** WHAT YOU ARE ASKED TO DO **
The complete listing should be restated word for word.
- Opening Delimiter -
-- ===== src/Slurm/Nodes.antt =====
-- parseNodes: the rows of sinfo.
pub mod Counts
use joyrun.Base.{
  ℕ, zero, suc, ◌+◌, Bool, true, false, ◌&&◌, ◌||◌, not, Option, none, some, List, [], ◌∷◌, ◌++◌,
  any, nat_eq, if◌then◌else◌,
}
use joyrun.Base.Text.{Text, codes, text_eq, to_lower, is_one_of}
use joyrun.Base.Strings.{trim_space, trim_right, trim_suffix, is_empty, split, split_cuts}
use joyrun.Base.Numbers.{ℤ, parse_int}
use joyrun.Fault.{Result, ok, err, fail, nodes_query_failed, target_status_invalid}
use joyrun.Slurm.{Reply}

pub record NodeInfo : Type 0 where
  pub name : Text
  pub state : Text
  pub cpus : ℤ
  pub memory_mb : ℤ
  pub gres : Text
  pub partition : Text

pub record NodeSummary : Type 0 where
  pub total : ℕ
  pub idle : ℕ
  pub mixed : ℕ
  pub allocated : ℕ
  pub unavailable : ℕ

pub record NodesResult : Type 0 where
  pub summary : NodeSummary
  pub nodes : List NodeInfo

-- The answers of nodeStateCategory.
pub data NodeCategory : Type 0 where
  idle mixed allocated unavailable : NodeCategory

abbrev is_flag : ℕ → Bool
is_flag c = any (nat_eq c) (codes "*~#@%$!^")

-- normalizeNodeState
unfoldable pub normalize_node_state : Text → Text
normalize_node_state raw = to_lower (trim_right is_flag (trim_space raw))

unfoldable pub node_state_category : Text → NodeCategory
node_state_category state =
    if text_eq (codes "idle") state
    then NodeCategory.idle
    else if is_one_of (codes "mixed" ∷ codes "mix" ∷ []) state
    then NodeCategory.mixed
    else if is_one_of (codes "allocated" ∷ codes "alloc" ∷ codes "completing" ∷ codes "comp" ∷ [])
        state
    then NodeCategory.allocated
    else NodeCategory.unavailable

abbrev count_node : NodeCategory → NodeSummary → NodeSummary
count_node NodeCategory.idle s = record s { total = s.total + 1; idle = s.idle + 1 }
count_node NodeCategory.mixed s = record s { total = s.total + 1; mixed = s.mixed + 1 }
count_node NodeCategory.allocated s = record s { total = s.total + 1; allocated = s.allocated + 1 }
count_node NodeCategory.unavailable s = record s {
  total = s.total + 1;
  unavailable = s.unavailable + 1;
}

unfoldable pub add_node : NodeInfo → NodesResult → NodesResult
add_node node r = record {
  summary = count_node (node_state_category node.state) r.summary;
  nodes = r.nodes ++ node ∷ [];
}

abbrev pub named : Text → NodeInfo → Bool
named name node = text_eq node.name name

abbrev with_memory : Text → Text → Text → Text → ℤ → Option ℤ → NodesResult → Result NodesResult
with_memory part name state gres cpus none r = fail nodes_query_failed false
with_memory part name state gres cpus (some memory) r = ok (
    add_node
      (record {
        name = name;
        state = normalize_node_state state;
        cpus = cpus;
        memory_mb = memory;
        gres = trim_space gres;
        partition = trim_suffix b'*' (trim_space part);
      })
      r)

abbrev with_cpus : Text → Text → Text → Text → Text → Option ℤ → NodesResult → Result NodesResult
with_cpus part name state memory gres none r = fail nodes_query_failed false
with_cpus part name state memory gres (some cpus) r =
    with_memory part name state gres cpus (parse_int (trim_space memory)) r

-- One row, cut into fields: six, or an error. A name that was seen is passed over before the
-- numbers are read.
unfoldable pub read_node : List Text → NodesResult → Result NodesResult
read_node (part ∷ given ∷ state ∷ cpus ∷ memory ∷ gres ∷ []) r =
    let name = trim_space given in
    if is_empty name
    then fail nodes_query_failed false
    else if any (named name) r.nodes
    then ok r
    else with_cpus part name state memory gres (parse_int (trim_space cpus)) r
read_node _ r = fail nodes_query_failed false

abbrev pub then_nodes : Result NodesResult → (NodesResult → Result NodesResult) → Result NodesResult
then_nodes (ok r) f = f r
then_nodes (err e) f = err e

unfoldable pub read_lines : List Text → NodesResult → Result NodesResult
read_lines [] r = ok r
read_lines (given ∷ lines) r =
    let line = trim_space given in
    then_nodes (if is_empty line then ok r else read_node (split_cuts 5 b'|' line) r)
      (read_lines lines)

abbrev pub no_nodes : NodesResult
no_nodes = record {
  summary = record { total = 0; idle = 0; mixed = 0; allocated = 0; unavailable = 0 };
  nodes = [];
}

unfoldable pub parse_nodes : Text → Result NodesResult
parse_nodes output = read_lines (split 10 output) no_nodes

-- Nodes, from the answer of the remote shell.
unfoldable pub nodes : Text → Reply → Result NodesResult
nodes partition reply =
    if is_empty (trim_space partition)
    then fail target_status_invalid false
    else if reply.failed
    then fail nodes_query_failed true
    else parse_nodes reply.stdout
- Closing Delimiter -
** RESULT FOR THIS EXERCISE **
-- ===== src/Slurm/Nodes.antt =====
-- parseNodes: the rows of sinfo.
pub mod Counts
use joyrun.Base.{
  ℕ, zero, suc, ◌+◌, Bool, true, false, ◌&&◌, ◌||◌, not, Option, none, some, List, [], ◌∷◌, ◌++◌,
  any, nat_eq, if◌then◌else◌,
}
use joyrun.Base.Text.{Text, codes, text_eq, to_lower, is_one_of}
use joyrun.Base.Strings.{trim_space, trim_right, trim_suffix, is_empty, split, split_cuts}
use joyrun.Base.Numbers.{ℤ, parse_int}
use joyrun.Fault.{Result, ok, err, fail, nodes_query_failed, target_status_invalid}
use joyrun.Slurm.{Reply}

pub record NodeInfo : Type 0 where
  pub name : Text
  pub state : Text
  pub cpus : ℤ
  pub memory_mb : ℤ
  pub gres : Text
  pub partition : Text

pub record NodeSummary : Type 0 where
  pub total : ℕ
  pub idle : ℕ
  pub mixed : ℕ
  pub allocated : ℕ
  pub unavailable : ℕ

pub record NodesResult : Type 0 where
  pub summary : NodeSummary
  pub nodes : List NodeInfo

-- The answers of nodeStateCategory.
pub data NodeCategory : Type 0 where
  idle mixed allocated unavailable : NodeCategory

abbrev is_flag : ℕ → Bool
is_flag c = any (nat_eq c) (codes "*~#@%$!^")

-- normalizeNodeState
unfoldable pub normalize_node_state : Text → Text
normalize_node_state raw = to_lower (trim_right is_flag (trim_space raw))

unfoldable pub node_state_category : Text → NodeCategory
node_state_category state =
    if text_eq (codes "idle") state
    then NodeCategory.idle
    else if is_one_of (codes "mixed" ∷ codes "mix" ∷ []) state
    then NodeCategory.mixed
    else if is_one_of (codes "allocated" ∷ codes "alloc" ∷ codes "completing" ∷ codes "comp" ∷ [])
        state
    then NodeCategory.allocated
    else NodeCategory.unavailable

abbrev count_node : NodeCategory → NodeSummary → NodeSummary
count_node NodeCategory.idle s = record s { total = s.total + 1; idle = s.idle + 1 }
count_node NodeCategory.mixed s = record s { total = s.total + 1; mixed = s.mixed + 1 }
count_node NodeCategory.allocated s = record s { total = s.total + 1; allocated = s.allocated + 1 }
count_node NodeCategory.unavailable s = record s {
  total = s.total + 1;
  unavailable = s.unavailable + 1;
}

unfoldable pub add_node : NodeInfo → NodesResult → NodesResult
add_node node r = record {
  summary = count_node (node_state_category node.state) r.summary;
  nodes = r.nodes ++ node ∷ [];
}

abbrev pub named : Text → NodeInfo → Bool
named name node = text_eq node.name name

abbrev with_memory : Text → Text → Text → Text → ℤ → Option ℤ → NodesResult → Result NodesResult
with_memory part name state gres cpus none r = fail nodes_query_failed false
with_memory part name state gres cpus (some memory) r = ok (
    add_node
      (record {
        name = name;
        state = normalize_node_state state;
        cpus = cpus;
        memory_mb = memory;
        gres = trim_space gres;
        partition = trim_suffix b'*' (trim_space part);
      })
      r)

abbrev with_cpus : Text → Text → Text → Text → Text → Option ℤ → NodesResult → Result NodesResult
with_cpus part name state memory gres none r = fail nodes_query_failed false
with_cpus part name state memory gres (some cpus) r =
    with_memory part name state gres cpus (parse_int (trim_space memory)) r

-- One row, cut into fields: six, or an error. A name that was seen is passed over before the
-- numbers are read.
unfoldable pub read_node : List Text → NodesResult → Result NodesResult
read_node (part ∷ given ∷ state ∷ cpus ∷ memory ∷ gres ∷ []) r =
    let name = trim_space given in
    if is_empty name
    then fail nodes_query_failed false
    else if any (named name) r.nodes
    then ok r
    else with_cpus part name state memory gres (parse_int (trim_space cpus)) r
read_node _ r = fail nodes_query_failed false

abbrev pub then_nodes : Result NodesResult → (NodesResult → Result NodesResult) → Result NodesResult
then_nodes (ok r) f = f r
then_nodes (err e) f = err e

unfoldable pub read_lines : List Text → NodesResult → Result NodesResult
read_lines [] r = ok r
read_lines (given ∷ lines) r =
    let line = trim_space given in
    then_nodes (if is_empty line then ok r else read_node (split_cuts 5 b'|' line) r)
      (read_lines lines)

abbrev pub no_nodes : NodesResult
no_nodes = record {
  summary = record { total = 0; idle = 0; mixed = 0; allocated = 0; unavailable = 0 };
  nodes = [];
}

unfoldable pub parse_nodes : Text → Result NodesResult
parse_nodes output = read_lines (split 10 output) no_nodes

-- Nodes, from the answer of the remote shell.
unfoldable pub nodes : Text → Reply → Result NodesResult
nodes partition reply =
    if is_empty (trim_space partition)
    then fail target_status_invalid false
    else if reply.failed
    then fail nodes_query_failed true
    else parse_nodes reply.stdout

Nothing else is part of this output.